**Exercise prompt**
All that is wanted is an exact copy of the lines below, starting at the one that contains "includes_str-snoc j t []" and running to the end.

**Record set**
============
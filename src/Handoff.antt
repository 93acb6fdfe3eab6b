-- ===== src/Handoff.antt =====
-- handoff/handoff-manager.ts: who owns a thread, and the drafts in flight.
pub mod Manager
pub mod Drafts
pub mod Ownership
mod Tests
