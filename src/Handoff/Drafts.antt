-- ===== src/Handoff/Drafts.antt =====
-- Lemmas on handoff/handoff-manager.ts: the registered controllers.
use openzigs_social.Prelude.{
  ℕ, String, Bool, true, false, ◌||◌, not, none, some, List, [], ◌∷◌, ◌++◌, ◌≡◌, refl, ap, sym, ◌∙◌,
  inl, inr, arith, ◌==◌, ==_iff, str_eq, eq_iff, if◌then◌else◌, keep, includes, Bool-cases,
  Option-cases,
}
use openzigs_social.Prelude.Maps.{get, remove, get-set, get-remove, set-IsMap, remove-IsMap, IsMap}
use openzigs_social.Handoff.Manager.{
  Registration, HandoffManager, includes_str, put_back, prune, prune_all, abort, or_empty,
  abort_each, abort_all,
}

-- One map is the other with fewer controllers: what is not there in one is not there in the other.
pub record IsLess (m m' : List (String × List ℕ)) : Type 0 where
  pub table : IsMap m → IsMap m'
  pub gone : (t : String) → IsMap m → get t m ≡ none → get t m' ≡ none

put_back-IsLess :
    (t : String) (cs xs : List ℕ) (m : List (String × List ℕ))
    → get t m ≡ some xs
    → IsLess m (put_back t cs m)
put_back-IsLess t [] xs m here = record {
  table = remove-IsMap t m;
  gone = λ j w e. get-remove t j m w ∙ ground (arith, e);
}
put_back-IsLess t (c ∷ cs) xs m here = record {
  table = set-IsMap t (c ∷ cs) m;
  gone = λ j w e. elim (Bool-cases (str_eq t j)) [
    | inl hit ↦ cc (here, ap (λ k. get k m) ((eq_iff t j).0 hit), e)
    | inr miss ↦ get-set t j (c ∷ cs) m ∙ rw miss e
  ];
}

IsLess-refl : (m : List (String × List ℕ)) → IsLess m m
IsLess-refl m = record { table = λ w. w; gone = λ t w e. e }

IsLess-trans : (m m' m'' : List (String × List ℕ)) → IsLess m m' → IsLess m' m'' → IsLess m m''
IsLess-trans m m' m'' a b = record {
  table = λ w. b.table (a.table w);
  gone = λ t w e. b.gone t (a.table w) (a.gone t w e);
}

pub prune-IsLess : (t : String) (c : ℕ) (m : List (String × List ℕ)) → IsLess m (prune t c m)
unfolding prune
prune-IsLess t c m = elim (Option-cases (get t m)) [
  | inl none' ↦ rw (none', prune) (IsLess-refl m)
  | inr (xs, here) ↦ rw (here, prune) (put_back-IsLess t (keep (λ x. not (x == c)) xs) xs m here)
]

prune_all-IsLess :
    (ls : List Registration) (c : ℕ) (m : List (String × List ℕ)) → IsLess m (prune_all ls c m)
unfolding prune_all
prune_all-IsLess [] c m = IsLess-refl m
prune_all-IsLess (l ∷ ls) c m = elim (Bool-cases (l.controller == c)) [
  | inl hit ↦ rw hit (
      IsLess-trans _ _ _ (prune-IsLess l.thread_id c m)
        (prune_all-IsLess ls c (prune l.thread_id c m)))
  | inr miss ↦ rw miss (prune_all-IsLess ls c m)
]

-- A step on the controllers alone.
pub record IsQuieter (m m' : HandoffManager) : Type 0 where
  pub owned : m'.human_owned ≡ m.human_owned
  pub controllers : IsLess m.controllers m'.controllers
  pub aborted : (c : ℕ) → includes c m.aborted ≡ true → includes c m'.aborted ≡ true

pub abort-IsQuieter : (c : ℕ) (m : HandoffManager) → IsQuieter m (abort c m)
unfolding abort
abort-IsQuieter c m = elim (Bool-cases (includes c m.aborted)) [
  | inl old ↦
      rw old (record { owned = refl; controllers = IsLess-refl m.controllers; aborted = λ d h. h })
  | inr new ↦ rw new (record {
    owned = refl;
    controllers = prune_all-IsLess m.listeners c m.controllers;
    aborted = λ d h. ground (arith, h);
  })
]

abort-aborted : (c : ℕ) (m : HandoffManager) → includes c (abort c m).aborted ≡ true
unfolding abort
abort-aborted c m = elim (Bool-cases (includes c m.aborted)) [
  | inl old ↦ rw old old
  | inr new ↦ rw new (ground arith)
]

IsQuieter-refl : (m : HandoffManager) → IsQuieter m m
IsQuieter-refl m = record {
  owned = refl;
  controllers = IsLess-refl m.controllers;
  aborted = λ d h. h;
}

IsQuieter-trans : (m m' m'' : HandoffManager) → IsQuieter m m' → IsQuieter m' m'' → IsQuieter m m''
IsQuieter-trans m m' m'' a b = record {
  owned = b.owned ∙ a.owned;
  controllers = IsLess-trans _ _ _ a.controllers b.controllers;
  aborted = λ c h. b.aborted c (a.aborted c h);
}

-- The controllers of a list are aborted by the loop, and nothing else is lost.
abort_each_lem :
    (cs : List ℕ) (m : HandoffManager)
    → (IsQuieter m (abort_each cs m))
      × ((c : ℕ) → includes c cs ≡ true → includes c (abort_each cs m).aborted ≡ true)
unfolding abort_each
abort_each_lem [] m = (IsQuieter-refl m, λ c h. cc)
abort_each_lem (d ∷ cs) m =
    let m' = if not (includes d m.aborted) then abort d m else m in
    let (quiet, rest) = abort_each_lem cs m' in
    let first : (IsQuieter m m') × (includes d m'.aborted ≡ true) =
      elim (Bool-cases (includes d m.aborted)) [
        | inl old ↦ rw old (IsQuieter-refl m, old)
        | inr new ↦ rw new (abort-IsQuieter d m, abort-aborted d m)
      ] in
    (
      IsQuieter-trans m m' _ first.0 quiet,
      λ c h. elim (Bool-cases (d == c)) [
        | inl hit ↦
            quiet.aborted c (ap (λ x. includes x m'.aborted) (sym ((==_iff d c).0 hit)) ∙ first.1)
        | inr miss ↦ rest c (rw miss at h)
      ],
    )

remove-IsLess : (t : String) (m : List (String × List ℕ)) → IsLess m (remove t m)
remove-IsLess t m = record {
  table = remove-IsMap t m;
  gone = λ j w e. get-remove t j m w ∙ ground (arith, e);
}

pub abort_all_lem :
    (t : String) (m : HandoffManager)
    → (IsQuieter m (abort_all t m))
      × (IsMap m.controllers → get t (abort_all t m).controllers ≡ none)
      × ((c : ℕ)
          → includes c (or_empty (get t m.controllers)) ≡ true
          → includes c (abort_all t m).aborted ≡ true)
unfolding abort_all
abort_all_lem t m = elim (Option-cases (get t m.controllers)) [
  | inl none' ↦ rw (none', abort_all) (IsQuieter-refl m, λ w. none', λ c h. cc)
  | inr (cs, here) ↦
      let (quiet, all') = abort_each_lem cs m in
      let cleared : IsQuieter (abort_each cs m)
          (record (abort_each cs m) { controllers = remove t (abort_each cs m).controllers }) =
        record {
          owned = refl;
          controllers = remove-IsLess t (abort_each cs m).controllers;
          aborted = λ d h. h;
        } in
      rw (here, abort_all)
        (
          IsQuieter-trans m (abort_each cs m) _ quiet cleared,
          λ w.
              get-remove t t (abort_each cs m).controllers (quiet.controllers.table w)
              ∙ rw ((eq_iff t t).1 refl) refl,
          all',
        )
]

pub includes_str-snoc :
    (j t : String) (ts : List String)
    → str_eq t j ≡ false
    → includes_str j (ts ++ t ∷ []) ≡ includes_str j ts
includes_str-snoc j t [] miss = ground (arith, miss)
includes_str-snoc j t (s ∷ ts) miss = ap (λ b. str_eq s j || b) (includes_str-snoc j t ts miss)

pub includes_str-keep :
    (j : String) (p : String → Bool) (ts : List String)
    → includes_str j (keep p ts) ≡ true
    → includes_str j ts ≡ true
includes_str-keep j p [] h = h
includes_str-keep j p (t ∷ ts) h = elim (Bool-cases (p t)) [
  | inl in' ↦ ground (arith, rw in' at h, includes_str-keep j p ts)
  | inr out ↦ ground (arith, includes_str-keep j p ts (rw out at h))
]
============
**Solution to this problem**
includes_str-snoc j t [] miss = ground (arith, miss)
includes_str-snoc j t (s ∷ ts) miss = ap (λ b. str_eq s j || b) (includes_str-snoc j t ts miss)

pub includes_str-keep :
    (j : String) (p : String → Bool) (ts : List String)
    → includes_str j (keep p ts) ≡ true
    → includes_str j ts ≡ true
includes_str-keep j p [] h = h
includes_str-keep j p (t ∷ ts) h = elim (Bool-cases (p t)) [
  | inl in' ↦ ground (arith, rw in' at h, includes_str-keep j p ts)
  | inr out ↦ ground (arith, includes_str-keep j p ts (rw out at h))
]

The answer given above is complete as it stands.